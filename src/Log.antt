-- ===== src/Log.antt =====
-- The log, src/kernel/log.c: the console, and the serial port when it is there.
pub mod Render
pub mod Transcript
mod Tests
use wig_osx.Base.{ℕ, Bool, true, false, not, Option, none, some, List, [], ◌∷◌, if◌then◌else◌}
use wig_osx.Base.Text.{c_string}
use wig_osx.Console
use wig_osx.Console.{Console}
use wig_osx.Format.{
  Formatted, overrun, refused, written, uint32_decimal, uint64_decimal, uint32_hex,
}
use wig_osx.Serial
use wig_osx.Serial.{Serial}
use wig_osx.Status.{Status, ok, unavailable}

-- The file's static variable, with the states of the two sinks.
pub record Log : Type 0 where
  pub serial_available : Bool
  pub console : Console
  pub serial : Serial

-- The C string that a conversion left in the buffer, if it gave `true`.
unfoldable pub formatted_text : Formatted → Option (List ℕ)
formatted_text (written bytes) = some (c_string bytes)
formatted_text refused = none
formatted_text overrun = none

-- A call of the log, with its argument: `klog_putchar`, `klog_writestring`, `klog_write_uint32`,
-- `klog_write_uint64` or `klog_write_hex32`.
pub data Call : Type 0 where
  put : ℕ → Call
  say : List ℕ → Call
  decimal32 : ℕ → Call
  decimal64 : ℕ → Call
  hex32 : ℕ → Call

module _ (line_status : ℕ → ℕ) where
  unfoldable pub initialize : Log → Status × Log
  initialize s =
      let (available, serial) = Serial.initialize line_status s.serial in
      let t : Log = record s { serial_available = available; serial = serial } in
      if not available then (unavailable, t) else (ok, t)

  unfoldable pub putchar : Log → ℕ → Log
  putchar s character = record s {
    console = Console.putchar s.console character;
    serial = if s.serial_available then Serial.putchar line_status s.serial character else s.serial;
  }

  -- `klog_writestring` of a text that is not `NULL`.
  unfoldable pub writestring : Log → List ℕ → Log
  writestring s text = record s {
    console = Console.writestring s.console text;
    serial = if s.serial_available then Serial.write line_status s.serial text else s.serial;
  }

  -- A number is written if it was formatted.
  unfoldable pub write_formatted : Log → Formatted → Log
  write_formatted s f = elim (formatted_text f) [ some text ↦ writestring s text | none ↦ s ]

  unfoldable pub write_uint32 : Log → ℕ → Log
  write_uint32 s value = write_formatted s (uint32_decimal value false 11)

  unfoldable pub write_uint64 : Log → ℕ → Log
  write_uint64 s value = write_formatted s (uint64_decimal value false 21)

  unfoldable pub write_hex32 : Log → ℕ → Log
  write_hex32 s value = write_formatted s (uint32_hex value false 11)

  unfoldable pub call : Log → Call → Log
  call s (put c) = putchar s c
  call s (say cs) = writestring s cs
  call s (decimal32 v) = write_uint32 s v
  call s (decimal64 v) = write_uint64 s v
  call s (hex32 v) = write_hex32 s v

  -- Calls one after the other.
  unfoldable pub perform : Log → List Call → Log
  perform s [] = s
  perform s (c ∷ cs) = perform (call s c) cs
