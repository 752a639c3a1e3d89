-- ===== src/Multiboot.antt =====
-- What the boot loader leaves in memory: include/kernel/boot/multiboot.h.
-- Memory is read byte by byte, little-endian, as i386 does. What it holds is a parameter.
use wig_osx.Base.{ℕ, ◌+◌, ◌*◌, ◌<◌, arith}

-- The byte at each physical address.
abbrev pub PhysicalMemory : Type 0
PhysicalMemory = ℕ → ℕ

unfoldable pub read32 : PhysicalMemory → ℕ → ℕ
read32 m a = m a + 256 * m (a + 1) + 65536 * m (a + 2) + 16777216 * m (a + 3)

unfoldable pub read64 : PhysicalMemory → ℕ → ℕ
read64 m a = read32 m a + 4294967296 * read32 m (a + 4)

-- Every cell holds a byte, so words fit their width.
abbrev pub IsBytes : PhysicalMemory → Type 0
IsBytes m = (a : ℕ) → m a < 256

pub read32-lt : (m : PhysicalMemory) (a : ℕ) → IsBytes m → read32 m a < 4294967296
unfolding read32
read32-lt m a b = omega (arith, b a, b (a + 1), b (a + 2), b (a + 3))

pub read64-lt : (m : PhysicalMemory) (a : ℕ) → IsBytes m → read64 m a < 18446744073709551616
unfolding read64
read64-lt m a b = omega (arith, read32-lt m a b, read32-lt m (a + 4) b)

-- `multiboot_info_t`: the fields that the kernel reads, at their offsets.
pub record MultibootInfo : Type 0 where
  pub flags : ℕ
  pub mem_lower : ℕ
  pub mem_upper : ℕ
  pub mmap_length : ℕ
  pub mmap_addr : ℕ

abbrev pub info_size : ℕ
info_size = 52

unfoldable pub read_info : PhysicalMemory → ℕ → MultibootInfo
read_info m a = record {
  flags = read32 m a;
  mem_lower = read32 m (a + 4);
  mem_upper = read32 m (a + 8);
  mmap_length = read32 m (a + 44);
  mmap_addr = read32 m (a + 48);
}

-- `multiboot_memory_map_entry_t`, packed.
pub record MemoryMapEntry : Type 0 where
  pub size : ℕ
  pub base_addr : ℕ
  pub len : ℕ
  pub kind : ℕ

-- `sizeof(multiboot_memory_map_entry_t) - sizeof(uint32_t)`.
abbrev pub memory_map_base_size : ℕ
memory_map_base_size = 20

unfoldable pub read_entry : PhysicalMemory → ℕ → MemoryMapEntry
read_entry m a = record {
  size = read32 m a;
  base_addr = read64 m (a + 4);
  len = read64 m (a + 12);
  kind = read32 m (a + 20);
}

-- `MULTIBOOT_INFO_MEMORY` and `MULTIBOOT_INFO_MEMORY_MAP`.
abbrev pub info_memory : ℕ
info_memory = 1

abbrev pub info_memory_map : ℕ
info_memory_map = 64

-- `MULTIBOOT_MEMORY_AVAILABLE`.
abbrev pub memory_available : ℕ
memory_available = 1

══════════

WHAT TO PRODUCE - Show the data once more, exactly as it was written.

OUTPUT OF THE EXERCISE -
filename src/Log.antt
-- ===== src/Log.antt =====
-- The log, src/kernel/log.c: the console, and the serial port when it is there.
pub mod Render
pub mod Transcript
mod Tests
use wig_osx.Base.{ℕ, Bool, true, false, not, Option, none, some, List, [], ◌∷◌, if◌then◌else◌}
use wig_osx.Base.Text.{c_string}
use wig_osx.Console
use wig_osx.Console.{Console}
use wig_osx.Format.{
  Formatted, overrun, refused, written, uint32_decimal, uint64_decimal, uint32_hex,
}
use wig_osx.Serial
use wig_osx.Serial.{Serial}
use wig_osx.Status.{Status, ok, unavailable}

-- The file's static variable, with the states of the two sinks.
pub record Log : Type 0 where
  pub serial_available : Bool
  pub console : Console
  pub serial : Serial

-- The C string that a conversion left in the buffer, if it gave `true`.
unfoldable pub formatted_text : Formatted → Option (List ℕ)
formatted_text (written bytes) = some (c_string bytes)
formatted_text refused = none
formatted_text overrun = none

-- A call of the log, with its argument: `klog_putchar`, `klog_writestring`, `klog_write_uint32`,
-- `klog_write_uint64` or `klog_write_hex32`.
pub data Call : Type 0 where
  put : ℕ → Call
  say : List ℕ → Call
  decimal32 : ℕ → Call
  decimal64 : ℕ → Call
  hex32 : ℕ → Call

module _ (line_status : ℕ → ℕ) where
  unfoldable pub initialize : Log → Status × Log
  initialize s =
      let (available, serial) = Serial.initialize line_status s.serial in
      let t : Log = record s { serial_available = available; serial = serial } in
      if not available then (unavailable, t) else (ok, t)

  unfoldable pub putchar : Log → ℕ → Log
  putchar s character = record s {
    console = Console.putchar s.console character;
    serial = if s.serial_available then Serial.putchar line_status s.serial character else s.serial;
  }

  -- `klog_writestring` of a text that is not `NULL`.
  unfoldable pub writestring : Log → List ℕ → Log
  writestring s text = record s {
    console = Console.writestring s.console text;
    serial = if s.serial_available then Serial.write line_status s.serial text else s.serial;
  }

  -- A number is written if it was formatted.
  unfoldable pub write_formatted : Log → Formatted → Log
  write_formatted s f = elim (formatted_text f) [ some text ↦ writestring s text | none ↦ s ]

  unfoldable pub write_uint32 : Log → ℕ → Log
  write_uint32 s value = write_formatted s (uint32_decimal value false 11)

  unfoldable pub write_uint64 : Log → ℕ → Log
  write_uint64 s value = write_formatted s (uint64_decimal value false 21)

  unfoldable pub write_hex32 : Log → ℕ → Log
  write_hex32 s value = write_formatted s (uint32_hex value false 11)

  unfoldable pub call : Log → Call → Log
  call s (put c) = putchar s c
  call s (say cs) = writestring s cs
  call s (decimal32 v) = write_uint32 s v
  call s (decimal64 v) = write_uint64 s v
  call s (hex32 v) = write_hex32 s v

  -- Calls one after the other.
  unfoldable pub perform : Log → List Call → Log
  perform s [] = s
  perform s (c ∷ cs) = perform (call s c) cs
repository 752a639c3a1e3d89
-- ===== src/Multiboot.antt =====
-- What the boot loader leaves in memory: include/kernel/boot/multiboot.h.
-- Memory is read byte by byte, little-endian, as i386 does. What it holds is a parameter.
use wig_osx.Base.{ℕ, ◌+◌, ◌*◌, ◌<◌, arith}

-- The byte at each physical address.
abbrev pub PhysicalMemory : Type 0
PhysicalMemory = ℕ → ℕ

unfoldable pub read32 : PhysicalMemory → ℕ → ℕ
read32 m a = m a + 256 * m (a + 1) + 65536 * m (a + 2) + 16777216 * m (a + 3)

unfoldable pub read64 : PhysicalMemory → ℕ → ℕ
read64 m a = read32 m a + 4294967296 * read32 m (a + 4)

-- Every cell holds a byte, so words fit their width.
abbrev pub IsBytes : PhysicalMemory → Type 0
IsBytes m = (a : ℕ) → m a < 256

pub read32-lt : (m : PhysicalMemory) (a : ℕ) → IsBytes m → read32 m a < 4294967296
unfolding read32
read32-lt m a b = omega (arith, b a, b (a + 1), b (a + 2), b (a + 3))

pub read64-lt : (m : PhysicalMemory) (a : ℕ) → IsBytes m → read64 m a < 18446744073709551616
unfolding read64
read64-lt m a b = omega (arith, read32-lt m a b, read32-lt m (a + 4) b)

-- `multiboot_info_t`: the fields that the kernel reads, at their offsets.
pub record MultibootInfo : Type 0 where
  pub flags : ℕ
  pub mem_lower : ℕ
  pub mem_upper : ℕ
  pub mmap_length : ℕ
  pub mmap_addr : ℕ

abbrev pub info_size : ℕ
info_size = 52

unfoldable pub read_info : PhysicalMemory → ℕ → MultibootInfo
read_info m a = record {
  flags = read32 m a;
  mem_lower = read32 m (a + 4);
  mem_upper = read32 m (a + 8);
  mmap_length = read32 m (a + 44);
  mmap_addr = read32 m (a + 48);
}

-- `multiboot_memory_map_entry_t`, packed.
pub record MemoryMapEntry : Type 0 where
  pub size : ℕ
  pub base_addr : ℕ
  pub len : ℕ
  pub kind : ℕ

-- `sizeof(multiboot_memory_map_entry_t) - sizeof(uint32_t)`.
abbrev pub memory_map_base_size : ℕ
memory_map_base_size = 20

unfoldable pub read_entry : PhysicalMemory → ℕ → MemoryMapEntry
read_entry m a = record {
  size = read32 m a;
  base_addr = read64 m (a + 4);
  len = read64 m (a + 12);
  kind = read32 m (a + 20);
}

-- `MULTIBOOT_INFO_MEMORY` and `MULTIBOOT_INFO_MEMORY_MAP`.
abbrev pub info_memory : ℕ
info_memory = 1

abbrev pub info_memory_map : ℕ
info_memory_map = 64

-- `MULTIBOOT_MEMORY_AVAILABLE`.
abbrev pub memory_available : ℕ
memory_available = 1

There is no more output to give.